# plinking revolver



## nukehayes

What are your fav plinking revolvers? I'm trying to get ideas. Looking for something just to kill paper or cans.


----------



## Revolver

I think the Ruger Service Six or Bearcat is the way to go.


----------



## Baldy

*.22 Caliber*

You can't beat the .22's. Revolvers, pistols, and Rifles.
.22 cal New Model Ruger








.22 cal Mark Ruger.








:smt1099 :smt1099 :smt1099 :smt1099 :smt1099 :smt1099 :smt1099 :smt1099


----------



## rfawcs

A .22LR revolver with at least a 4-inch barrel is the cheapest way to have fun at the range or woods. At 500 rounds for less than 10 bucks, it's almost unbeatable.

If you want more power, there are plenty of inexpensive 4-inch .38 Special caliber revolvers out there for sale as well. A S&W surplus/used Model 10 might be just the way to go.


----------



## hberttmank

For a great 22 revolver, the S&W 617 is hard to beat. You can get it with a 10 shot cylinder, and like most all S&W revolvers, the single action pull is really good.


----------



## moondog

My 6" K-22 is nice, but if I had money I'd buy a used J-frame "kit gun", I like the J size better for a .22


----------



## jimg11

*22 plinker*

something like this?


----------



## Bob Wright

Much as I like the Single Action revolver, I'd pick a Smith or even an old Harrington & Richardson top-break for plinkin'.

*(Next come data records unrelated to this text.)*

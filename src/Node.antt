-- ===== src/Node.antt =====
-- mcnode: the node.
pub mod Auth
pub mod Merge
pub mod Statements
pub mod Database
pub mod Status
pub mod Gc
pub mod Serve
pub mod MergeStream
pub mod Push
pub mod Network
pub mod Api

The speed of reloading a hand ejector or top-break makles it the better choice, in my opinion, especially if a lot of ammo is going to be burned up. The slower loading of a single action detracts some from the fun.

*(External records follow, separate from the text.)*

-- ===== src/Storage/UserStore/OtherAsset.antt =====
-- A deposit of an asset that is neither "a" nor "b": `get_or_create` runs before `get_balance` raises.
use Prim.Native.String.{String}
use lumendark.Common.{
  ℕ, ◌≡◌, refl, sym, ◌∙◌, true, false, Option, none, some, Option-cases, if◌then◌else◌, ◌==◌, ==→eq,
  eq→==, arith, Decimal, err, invalid_asset, ap, Bool-cases, inl, inr,
}
use lumendark.Common.Dict.{lookup, lookup-insert}
use lumendark.Models.Order.{Asset}
use lumendark.Models.User
use lumendark.Models.User.{User, new_user}
use lumendark.Storage.UserStore.{UserStore, on_user, deposit}
use lumendark.Storage.UserStore.Holdings.{
  asset_eqb, concerns, supply, supply-on_user, lookup-get_or_create, supply-get_or_create,
  holding-on_user, holding-get_or_create, created, kept,
}
use lumendark.Storage.UserStore.Totals.{totals}
use lumendark.Storage.UserStore.Cover.{Demand, Covers, on_user-Covers, with_user, with_user-Covers}

asset_eqb_other : (y : Asset) (t : String) → asset_eqb y (Asset.other t) ≡ false
asset_eqb_other Asset.a t = refl
asset_eqb_other Asset.b t = refl
asset_eqb_other (Asset.other s) t = refl

concerns_other : (u v : ℕ) (y : Asset) (t : String) → concerns u (Asset.other t) v y ≡ true → ⊥
concerns_other u v y t e = ground (arith, asset_eqb_other y t)

abbrev pub user_or_new : ℕ → Option User → User
user_or_new u none = new_user u
user_or_new u (some us) = us

-- The store of `get_or_create`, user by user.
lookup-with_user :
    (u : ℕ) (st : UserStore) (v : ℕ)
    → lookup v (with_user u st)
      ≡ (if v == u then some (user_or_new u (lookup u st)) else lookup v st)
lookup-with_user u st v = elim (Option-cases (lookup u st)) [
  | inl unknown ↦ rw (created u st unknown, unknown) (lookup-insert v u (new_user u) st)
  | inr (us, known) ↦ elim (Bool-cases (v == u)) [
    | inl t ↦ rw (kept u st known, t, known) (ap (λ (i : ℕ). lookup i st) (==→eq v u t) ∙ known)
    | inr f ↦ rw (kept u st known, f)
  ]
]

module _ (st : UserStore) (u : ℕ) (t : String) (amount : Decimal) (d : Demand)
    (c : Covers st d) where
  -- A deposit of an asset that is neither "a" nor "b" raises, and the store that it leaves holds
  -- the same users, with a new user of that address where there was none; it covers the same
  -- demand and has the same sums of the users' totals and the same totals of each user.
  pub deposit_other_asset :
      ((deposit u (Asset.other t) amount st).0 ≡ err invalid_asset)
      × Covers (deposit u (Asset.other t) amount st).1 d
      × ((y : Asset) → supply (deposit u (Asset.other t) amount st).1 y ≡ supply st y)
      × (totals (deposit u (Asset.other t) amount st).1 ≡ totals st)
      × ((v : ℕ)
          → lookup v (deposit u (Asset.other t) amount st).1
            ≡ (if v == u then some (user_or_new u (lookup u st)) else lookup v st))
  unfolding deposit
  deposit_other_asset =
      let (us, known) = lookup-get_or_create u st in
      let m = User.deposit amount in
      (
        raises us known,
        on_user-Covers (with_user u st) u (Asset.other t) m known d d
            (λ v y e. absurd (concerns_other u v y t e)) (λ v y f. omega arith)
            (with_user-Covers st u d c),
        λ y.
            supply-on_user (with_user u st) u (Asset.other t) m known y
            ∙ rw (asset_eqb_other y t) (supply-get_or_create u st y),
        λ i v y. totals_kept us known v y i,
        λ v. users_kept us known v,
      )
    where
      raises :
          (us : User)
          → lookup u (with_user u st) ≡ some us
          → (on_user u (User.on_balance (Asset.other t) (User.deposit amount)) (with_user u st)).0
            ≡ err invalid_asset
      raises us known = rw (on_user, known)

      totals_kept :
          (us : User)
          → lookup u (with_user u st) ≡ some us
          → (v : ℕ) (y : Asset)
          → totals
              (on_user u (User.on_balance (Asset.other t) (User.deposit amount)) (with_user u st)).1
              v
              y
            ≡ totals st v y
      totals_kept us known v y =
          ap User.total
            (holding-on_user (with_user u st) u (Asset.other t) (User.deposit amount) known v y)
          ∙ elim (Bool-cases (concerns u (Asset.other t) v y)) [
            | inl e ↦ absurd (concerns_other u v y t e)
            | inr f ↦ rw f (ap User.total (holding-get_or_create u st v y))
          ]

      users_kept :
          (us : User)
          → lookup u (with_user u st) ≡ some us
          → (v : ℕ)
          → lookup v
              (on_user u (User.on_balance (Asset.other t) (User.deposit amount)) (with_user u st)).1
            ≡ (if v == u then some (user_or_new u (lookup u st)) else lookup v st)
      users_kept us known v =
          rw (on_user, known)
            (lookup-insert v u us (with_user u st) ∙ elim (Bool-cases (v == u)) [
              | inl e ↦
                  let same : some us ≡ some (user_or_new u (lookup u st)) =
                    sym known ∙ rw (eq→== u u refl) at (lookup-with_user u st u) in
                  rw e same
              | inr f ↦
                  let same : lookup v (with_user u st) ≡ lookup v st =
                    rw f at (lookup-with_user u st v) in
                  rw f same
            ])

And, reloading the magazine of an autoloader gets the thumb sore after 400-500 rounds.

Bob Wright


----------



## milquetoast

I love the S&W titanium J-frames. They weigh like 9 or 10 ounces, so easy to carry.

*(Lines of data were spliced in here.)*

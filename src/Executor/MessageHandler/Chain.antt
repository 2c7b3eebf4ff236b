-- ===== src/Executor/MessageHandler/Chain.antt =====
-- What the contract on the chain asks of the actions in its queue, and what they do to its balances, in the
-- units of the backend: contracts/orderbook/src/lib.rs, `withdraw` and `settle`, for amounts that
-- blockchain/transaction.py converts as they are. Contract/Carrying compares it with the contract itself.
use lumendark.Common.{
  ℕ, ◌≡◌, refl, sym, subst, List, [], ◌∷◌, ◌++◌, map, ℤ, pos, negsuc, ◌+ℤ◌, ◌≤ℤ◌, int_laws,
  Bool-cases, true, inl, inr, pos_part, if◌then◌else◌, ◌==◌, arith,
}
use lumendark.Common.Int.{◌-ℤ◌}
use lumendark.Models.Order.{Asset}
use lumendark.Models.Message.{ChainAction, ActionPayload, withdrawal, settlement}
use lumendark.Storage.UserStore.{UserStore}
use lumendark.Storage.UserStore.Holdings.{asset_eqb, concerns}
use lumendark.Storage.UserStore.Cover.{Demand, bump, concerns_self}
use lumendark.Storage.UserStore.Totals.{totals}
use lumendark.Executor.MessageHandler.{State}

-- Amounts are positive, and who pays has the funds.
abbrev pub Allowed : ActionPayload → Demand → Type 0
Allowed (withdrawal user x amount) l = (pos 1 ≤ℤ amount) × (amount ≤ℤ l user x)
Allowed (settlement trade buyer seller sold paid) l =
    (pos 1 ≤ℤ sold) × (pos 1 ≤ℤ paid) × (sold ≤ℤ l seller Asset.a) × (paid ≤ℤ l buyer Asset.b)

abbrev pub effect : ActionPayload → Demand → Demand
effect (withdrawal user x amount) l v y = l v y -ℤ bump user x amount v y
effect (settlement trade buyer seller sold paid) l v y =
    l v y
    -ℤ bump seller Asset.a sold v y
    +ℤ bump seller Asset.b paid v y
    +ℤ bump buyer Asset.a sold v y
    -ℤ bump buyer Asset.b paid v y

-- The actions are all allowed, one after another, and lead from the one ledger to the other.
abbrev pub Steps : Demand → List ActionPayload → Demand → Type 0
Steps l [] l' = l ≡ l'
Steps l (p ∷ ps) l' = Allowed p l × Steps (effect p l) ps l'

pub Steps-append :
    (l m n : Demand) (ps qs : List ActionPayload)
    → Steps l ps m
    → Steps m qs n
    → Steps l (ps ++ qs) n
Steps-append l m n [] qs h k = subst (λ (d : Demand). Steps d qs n) (sym h) k
Steps-append l m n (p ∷ ps) qs h k = (h.0, Steps-append (effect p l) m n ps qs h.1 k)

pub bump_neg :
    (u : ℕ) (x : Asset) (amount : ℤ) (v : ℕ) (y : Asset)
    → bump u x (pos 0 -ℤ amount) v y ≡ pos 0 -ℤ bump u x amount v y
bump_neg u x amount v y = elim (Bool-cases (concerns u x v y)) [
  | inl t ↦ rw t
  | inr f ↦ rw f (omega int_laws)
]

pub bump_zero : (u : ℕ) (x : Asset) (v : ℕ) (y : Asset) (m : ℤ) → m +ℤ bump u x (pos 0) v y ≡ m
bump_zero u x v y m = elim (Bool-cases (concerns u x v y)) [
  | inl t ↦ rw t (omega int_laws)
  | inr f ↦ rw f (omega int_laws)
]

pub bump_self :
    (u : ℕ) (x : Asset) (amount : ℤ) → asset_eqb x x ≡ true → amount ≤ℤ bump u x amount u x
bump_self u x amount real = rw (concerns_self u x real) (omega arith)

pub bump_nonneg :
    (u : ℕ) (x : Asset) (amount : ℤ) (v : ℕ) (y : Asset)
    → pos 1 ≤ℤ amount
    → pos 0 ≤ℤ bump u x amount v y
bump_nonneg u x amount v y h = elim (Bool-cases (concerns u x v y)) [
  | inl t ↦ rw t (omega arith)
  | inr f ↦ rw f (omega arith)
]

abbrev pub payloads : List ChainAction → List ActionPayload
payloads = map (λ (act : ChainAction). act.payload)

abbrev pub nothing : Demand
nothing v y = pos 0

pub pos_of_positive : (amount : ℤ) → pos 1 ≤ℤ amount → pos (pos_part amount) ≡ amount
pos_of_positive (pos n) h = refl
pos_of_positive (negsuc n) h = absurd (omega arith)

pub pos_of_negated : (amount : ℤ) → pos 1 ≤ℤ amount → pos (pos_part (pos 0 -ℤ amount)) ≡ pos 0
unfolding ◌-ℤ◌
pos_of_negated (pos n) h = ground arith
pos_of_negated (negsuc n) h = absurd (omega arith)

-- What a message that moves the supplies by `delta` deposits for its user.
abbrev pub funded : ℕ → (Asset → ℤ) → Demand
funded user delta v y = if v == user then pos (pos_part (delta y)) else pos 0

-- The actions that were queued lead from the totals, with `credit` on top, to the new totals.
pub record Queued (credit : Demand) (users : UserStore) (actions : List ChainAction)
    (users' : UserStore) (actions' : List ChainAction) : Type 0 where
  pub new : List ActionPayload
  pub queued : payloads actions' ≡ payloads actions ++ new
  pub steps : Steps (λ v y. totals users v y +ℤ credit v y) new (totals users')

abbrev pub Chained : Demand → State → State → Type 0
Chained credit s s' = Queued credit s.users s.actions s'.users s'.actions

pub ledger_eq : {l m : Demand} → ((v : ℕ) (y : Asset) → l v y ≡ m v y) → l ≡ m
ledger_eq h = λ i v y. h v y i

For the coolness factor, though, I'd have to say the little Ruger Bearcat. Just for looks.


----------



## Wheels

http://www.heritagemfg.com/site/department.cfm?id=50

I just saw this heritage hand gun at academy. Single action so I won't buy it. But it's part of the 22 cal revlover group.


----------



## Wheels

Found another one.

http://www.korthusa.com/revolver_en.htm

This revlolver looks very promising but I have no idea on the price. Has anyone heard of Korth revolvers before?


----------



## OrangeSkies

Here's a couple Korth's from gunbroker.com - the Reserve price on this one is only *$15,121*










http://gunbroker.com/Auction/ViewItem.asp?Item=64489357

The seller includes this little tidbit in his listing:


> I won't try to expostulate with you that Korth is the best value for your hard earned dollars, however, IT IS THE MOST EXCLUSIVE HANDGUN BRAND ON EARTH.


And then this:


> The combat model is practical enough to carry.


No sh!t? You mean for just $15,000 I can buy a combat model that's actually _practical_ to carry? How could _anyone_ pass this up?

For you more spendthrift buyers, here's a "plain jane" model for just *$5,100*:










http://gunbroker.com/Auction/ViewItem.asp?Item=64635624


----------



## Wheels

ouch...

<putting tail between legs>

I guess I should not bitch about the $550 S&W wants for the DA wheel gun.


----------